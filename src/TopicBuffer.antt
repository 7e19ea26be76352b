-- ===== src/TopicBuffer.antt =====
-- include/nexusd/core/topic_message_buffer.hpp, class TopicBuffer: the ring buffer of one topic.
-- `none` is undefined behaviour: `front()` or `pop_front()` of an empty deque. The clock is an
-- argument of `push`.
pub mod Log
pub mod Replay
use nexus_d_pub_sub.Prelude.{
  ℕ, ◌≤◌, Bool, false, ◌&&◌, Text, List, [], ◌∷◌, ◌++◌, Option, none, some, length, last?, leb, ltb,
  if◌then◌else◌, inc64, add64, sub64,
}

pub record BufferedMessage : Type 0 where
  pub sequence_number : ℕ
  pub topic : Text
  pub payload : Text
  pub timestamp : ℕ

pub record TopicBuffer : Type 0 where
  pub max_size : ℕ
  pub next_sequence : ℕ
  pub messages : List BufferedMessage
  pub total_bytes : ℕ

-- The constructor.
unfoldable pub init : ℕ → TopicBuffer
init max_size = record { max_size = max_size; next_sequence = 1; messages = []; total_bytes = 0 }

-- `total_bytes_ -= messages_.front().payload.size(); messages_.pop_front();`
unfoldable pub pop_front : TopicBuffer → List BufferedMessage → Option TopicBuffer
pop_front b [] = none
pop_front b (m ∷ rest) =
    some (record b { messages = rest; total_bytes = sub64 b.total_bytes (length m.payload) })

unfoldable pub push : ℕ → Text → Text → TopicBuffer → Option (ℕ × TopicBuffer)
unfolding pop_front
push now topic payload b =
    let seq = b.next_sequence in
    let next = record b { next_sequence = inc64 b.next_sequence } in
    let room =
      if leb b.max_size (length b.messages) then pop_front next b.messages else some next in
    elim room [
      | none ↦ none
      | some c ↦ some (
        seq,
        record c {
          messages =
              c.messages
              ++ record { sequence_number = seq; topic = topic; payload = payload; timestamp = now }
                ∷ [];
          total_bytes = add64 c.total_bytes (length payload);
        },
      )
    ]

-- The loop of `getMessagesAfter`.
unfoldable pub messages_after : ℕ → List BufferedMessage → List BufferedMessage
messages_after after [] = []
messages_after after (m ∷ ms) =
    let rest = messages_after after ms in if ltb after m.sequence_number then m ∷ rest else rest

unfoldable pub get_messages_after : ℕ → TopicBuffer → List BufferedMessage
unfolding messages_after
get_messages_after after b = messages_after after b.messages

unfoldable pub get_latest : TopicBuffer → Option BufferedMessage
get_latest b = last? b.messages

unfoldable pub current_sequence : TopicBuffer → ℕ
current_sequence b = sub64 b.next_sequence 1

unfoldable pub oldest_sequence : TopicBuffer → ℕ
oldest_sequence b = elim b.messages [ [] ↦ 0 | m ∷ ms ↦ m.sequence_number ]

unfoldable pub has_sequence : ℕ → TopicBuffer → Bool
has_sequence seq b = elim b.messages [
  | [] ↦ false
  | first ∷ ms ↦ elim (last? b.messages) [
    | none ↦ false
    | some latest ↦ leb first.sequence_number seq && leb seq latest.sequence_number
  ]
]

unfoldable pub size : TopicBuffer → ℕ
size b = length b.messages

unfoldable pub clear : TopicBuffer → TopicBuffer
clear b = record b { messages = []; total_bytes = 0 }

********

--- Exercise details ---
Each line of the data above containing the string "BufferedMessage" is to be copied.

--- Task output ---
pub record BufferedMessage : Type 0 where
  pub messages : List BufferedMessage
unfoldable pub pop_front : TopicBuffer → List BufferedMessage → Option TopicBuffer
unfoldable pub messages_after : ℕ → List BufferedMessage → List BufferedMessage
unfoldable pub get_messages_after : ℕ → TopicBuffer → List BufferedMessage
unfoldable pub get_latest : TopicBuffer → Option BufferedMessage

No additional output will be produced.